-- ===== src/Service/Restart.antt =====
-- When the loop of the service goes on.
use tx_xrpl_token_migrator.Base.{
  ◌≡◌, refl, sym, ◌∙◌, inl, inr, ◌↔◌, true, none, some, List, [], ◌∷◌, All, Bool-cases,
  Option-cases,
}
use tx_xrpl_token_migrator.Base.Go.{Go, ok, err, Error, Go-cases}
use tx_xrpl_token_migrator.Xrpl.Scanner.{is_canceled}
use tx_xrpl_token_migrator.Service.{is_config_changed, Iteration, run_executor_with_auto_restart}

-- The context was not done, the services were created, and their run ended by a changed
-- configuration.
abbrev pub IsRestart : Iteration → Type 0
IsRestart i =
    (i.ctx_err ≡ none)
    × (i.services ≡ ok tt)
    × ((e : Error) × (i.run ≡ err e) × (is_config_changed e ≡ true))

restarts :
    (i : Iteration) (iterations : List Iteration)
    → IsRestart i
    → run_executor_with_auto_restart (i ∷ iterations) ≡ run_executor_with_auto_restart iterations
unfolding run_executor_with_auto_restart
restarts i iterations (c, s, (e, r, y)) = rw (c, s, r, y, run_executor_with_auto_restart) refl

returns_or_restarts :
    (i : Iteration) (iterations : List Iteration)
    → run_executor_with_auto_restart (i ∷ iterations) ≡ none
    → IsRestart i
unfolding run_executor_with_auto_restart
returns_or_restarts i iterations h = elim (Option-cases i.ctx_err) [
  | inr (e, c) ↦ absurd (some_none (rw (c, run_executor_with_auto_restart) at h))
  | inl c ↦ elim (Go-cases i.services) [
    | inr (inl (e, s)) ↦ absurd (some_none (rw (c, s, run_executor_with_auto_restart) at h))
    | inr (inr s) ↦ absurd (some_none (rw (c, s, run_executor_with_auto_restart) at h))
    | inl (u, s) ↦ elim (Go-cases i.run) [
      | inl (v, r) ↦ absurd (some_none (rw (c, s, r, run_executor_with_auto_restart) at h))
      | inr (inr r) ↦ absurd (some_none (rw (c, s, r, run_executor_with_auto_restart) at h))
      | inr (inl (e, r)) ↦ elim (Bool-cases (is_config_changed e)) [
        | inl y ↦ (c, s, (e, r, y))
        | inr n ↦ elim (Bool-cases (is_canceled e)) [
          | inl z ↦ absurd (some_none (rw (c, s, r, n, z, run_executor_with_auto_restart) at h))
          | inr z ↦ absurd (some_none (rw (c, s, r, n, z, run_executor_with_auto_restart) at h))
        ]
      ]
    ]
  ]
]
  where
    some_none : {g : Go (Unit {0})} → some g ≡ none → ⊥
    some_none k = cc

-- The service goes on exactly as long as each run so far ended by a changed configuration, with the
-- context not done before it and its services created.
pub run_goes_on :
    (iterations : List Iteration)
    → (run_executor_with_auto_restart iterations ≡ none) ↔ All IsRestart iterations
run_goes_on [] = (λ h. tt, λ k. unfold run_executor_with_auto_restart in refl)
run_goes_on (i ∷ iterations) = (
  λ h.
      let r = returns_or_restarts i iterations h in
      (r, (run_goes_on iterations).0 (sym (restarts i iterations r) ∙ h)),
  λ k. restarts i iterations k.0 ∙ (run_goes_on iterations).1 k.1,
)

=======

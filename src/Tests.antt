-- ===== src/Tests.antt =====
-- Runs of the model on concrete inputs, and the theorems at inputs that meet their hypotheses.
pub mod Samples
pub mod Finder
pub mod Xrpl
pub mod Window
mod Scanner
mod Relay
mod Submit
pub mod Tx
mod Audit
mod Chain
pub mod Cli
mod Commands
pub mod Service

=======

■ **PROBLEM DETAILS**:
Your answer should consist of each line above in which "their" appears.

■ **SOLVED PROBLEM**:
-- The context was not done, the services were created, and their run ended by a changed
-- Runs of the model on concrete inputs, and the theorems at inputs that meet their hypotheses.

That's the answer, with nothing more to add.